The World Bank has retracted its recommendation to impose taxes on individuals earning less than Rs50,000, clarifying that the suggestion was based on 2019 data.
The move comes as the salaried class has reportedly outperformed exporters and the real-estate sector in tax contributions over the last three months, according to Federal Board of Revenue (FBR) sources.
The World Bank spokesperson stated, "The World Bank certainly does not recommend any reduction in the current nominal threshold, and how it was framed above may have indeed been misleading." The global lender cited the need to update its recommendation in light of recent inflation and labor market conditions to safeguard low-income groups.

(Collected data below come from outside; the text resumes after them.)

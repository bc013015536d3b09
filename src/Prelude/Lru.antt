-- ===== src/Prelude/Lru.antt =====
-- Python's `OrderedDict` as a bounded cache, with keys of any type: the front is dropped first.
use mathlib.Core.Path.{◌≡◌, subst}
use mathlib.Core.Bool.{Bool, true}
use mathlib.Core.List.{List, [], ◌∷◌, ◌++◌}
use mathlib.Core.Option.{Option, none, some}
use mathlib.Core.Logic.{inl, inr}
use Prim.Native.Nat.{ℕ, ◌≤◌, ◌+◌}
use native.Mathlib.Omega.{arith}
use my_kg_codebase.Prelude.Tests.{if◌then◌else◌, ltb, Bool-cases}
use my_kg_codebase.Prelude.Lists.{length, tail, length-append}

module _ {ℓ κ} {K : Type ℓ} {V : Type κ} (same : K → K → Bool) where
  -- cache.get(k)
  unfoldable pub find : K → List (K × V) → Option V
  find k [] = none
  find k ((j, v) ∷ cache) = if same j k then some v else find k cache

  -- The cache without the entries of k.
  unfoldable pub drop_key : K → List (K × V) → List (K × V)
  drop_key k [] = []
  drop_key k ((j, v) ∷ cache) =
      let rest = drop_key k cache in if same j k then rest else (j, v) ∷ rest

  -- cache[k] = v; cache.move_to_end(k)
  unfoldable pub put_last : K → V → List (K × V) → List (K × V)
  unfolding drop_key
  put_last k v cache = drop_key k cache ++ (k, v) ∷ []

module _ {ℓ κ} {K : Type ℓ} {V : Type κ} where
  -- if len(cache) > limit: cache.popitem(last=False)
  unfoldable pub trim : ℕ → List (K × V) → List (K × V)
  trim limit cache = if ltb limit (length cache) then tail cache else cache

-- Every entry satisfies the predicate.
abbrev pub HoldsFor {ℓ κ μ} : {K : Type ℓ} {V : Type κ} → (K → V → Type μ) → List (K × V) → Type μ
HoldsFor P [] = Unit
HoldsFor P ((k, v) ∷ cache) = P k v × HoldsFor P cache

module _ {ℓ κ μ} {K : Type ℓ} {V : Type κ} (same : K → K → Bool) (P : K → V → Type μ) where
  pub HoldsFor-find :
      ((j k : K) → same j k ≡ true → j ≡ k)
      → (k : K) (v : V) (cache : List (K × V)) → HoldsFor P cache
      → find same k cache ≡ some v
      → P k v
  unfolding find
  HoldsFor-find sound k v [] h e = absurd (ground (arith, e))
  HoldsFor-find sound k v ((j, w) ∷ cache) h e = elim (Bool-cases (same j k)) [
    | inl s ↦
        let found : some w ≡ some v = rw s at e in
        subst (P k) (cc found) (subst (λ x. P x w) (sound j k s) h.0)
    | inr s ↦ HoldsFor-find sound k v cache h.1 (rw s at e)
  ]

  HoldsFor-drop_key :
      (k : K) (cache : List (K × V)) → HoldsFor P cache → HoldsFor P (drop_key same k cache)
  unfolding drop_key
  HoldsFor-drop_key k [] h = tt
  HoldsFor-drop_key k ((j, v) ∷ cache) h = elim (Bool-cases (same j k)) [
    | inl e ↦ rw e (HoldsFor-drop_key k cache h.1)
    | inr e ↦ rw e (h.0, HoldsFor-drop_key k cache h.1)
  ]

  HoldsFor-snoc :
      (cache : List (K × V)) (k : K) (v : V)
      → HoldsFor P cache
      → P k v
      → HoldsFor P (cache ++ (k, v) ∷ [])
  HoldsFor-snoc [] k v h p = (p, tt)
  HoldsFor-snoc ((j, w) ∷ cache) k v h p = (h.0, HoldsFor-snoc cache k v h.1 p)

  pub HoldsFor-put_last :
      (k : K) (v : V) (cache : List (K × V))
      → HoldsFor P cache
      → P k v
      → HoldsFor P (put_last same k v cache)
  unfolding put_last
  HoldsFor-put_last k v cache h p =
      HoldsFor-snoc (drop_key same k cache) k v (HoldsFor-drop_key k cache h) p

  HoldsFor-tail : (cache : List (K × V)) → HoldsFor P cache → HoldsFor P (tail cache)
  HoldsFor-tail [] h = tt
  HoldsFor-tail ((k, v) ∷ cache) h = h.1

  pub HoldsFor-trim :
      (limit : ℕ) (cache : List (K × V)) → HoldsFor P cache → HoldsFor P (trim limit cache)
  unfolding trim
  HoldsFor-trim limit cache h = elim (Bool-cases (ltb limit (length cache))) [
    | inl e ↦ rw e (HoldsFor-tail cache h)
    | inr e ↦ rw e h
  ]

module _ {ℓ κ} {K : Type ℓ} {V : Type κ} (same : K → K → Bool) where
  length-drop_key-le :
      (k : K) (cache : List (K × V)) → length (drop_key same k cache) ≤ length cache
  unfolding drop_key
  length-drop_key-le k [] = omega arith
  length-drop_key-le k ((j, v) ∷ cache) = ground (arith, length-drop_key-le k cache)

  length-drop_key-lt :
      (k : K) (v : V) (cache : List (K × V))
      → find same k cache ≡ some v
      → length (drop_key same k cache) + 1 ≤ length cache
  unfolding drop_key find
  length-drop_key-lt k v [] e = ground (arith, e)
  length-drop_key-lt k v ((j, w) ∷ cache) e =
      ground (arith, length-drop_key-lt k v cache, length-drop_key-le k cache)

  -- Renewing an entry keeps the length.
  pub length-renewed-le :
      (k : K) (v : V) (cache : List (K × V))
      → find same k cache ≡ some v
      → length (put_last same k v cache) ≤ length cache
  unfolding put_last
  length-renewed-le k v cache e =
      omega
        (arith, length-drop_key-lt k v cache e, length-append (drop_key same k cache) ((k, v) ∷ []))

  length-tail-le : (n : ℕ) (cache : List (K × V)) → length cache ≤ n + 1 → length (tail cache) ≤ n
  length-tail-le n [] h = omega arith
  length-tail-le n (x ∷ cache) h = omega arith

  -- Storing an entry and trimming keeps the bound.
  pub length-stored-le :
      (limit : ℕ) (k : K) (v : V) (cache : List (K × V))
      → length cache ≤ limit
      → length (trim limit (put_last same k v cache)) ≤ limit
  unfolding trim put_last
  length-stored-le limit k v cache h =
      let longer : length (drop_key same k cache ++ (k, v) ∷ []) ≤ limit + 1 =
        omega (
          arith,
          length-drop_key-le k cache,
          length-append (drop_key same k cache) ((k, v) ∷ []),
        ) in
      ground (arith, longer, length-tail-le limit (drop_key same k cache ++ (k, v) ∷ []) longer)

The World Bank's previous analysis, which used 2019 data, proposed a lower exemption threshold for salaried individuals as part of a reformed income tax structure. However, the bank emphasized the necessity of revising this analysis with more recent data to ensure that low incomes are not adversely affected.
The Washington-based institution recommended comprehensive tax reforms to make the overall system more progressive and to increase the tax burden on wealthy individuals. These reforms include reducing subsidies, eliminating regressive tax exemptions, and enhancing taxation on high-income earners. Additionally, the World Bank suggested improvements in the taxation of agriculture, property, and the retail sector.
The World Bank clarified that any adjustments to tax thresholds should be based on new survey data and designed to protect low incomes. The initial suggestion to tax individuals earning less than Rs50,000 had raised concerns among the salaried class, as they are already grappling with soaring inflation and the rising cost of living.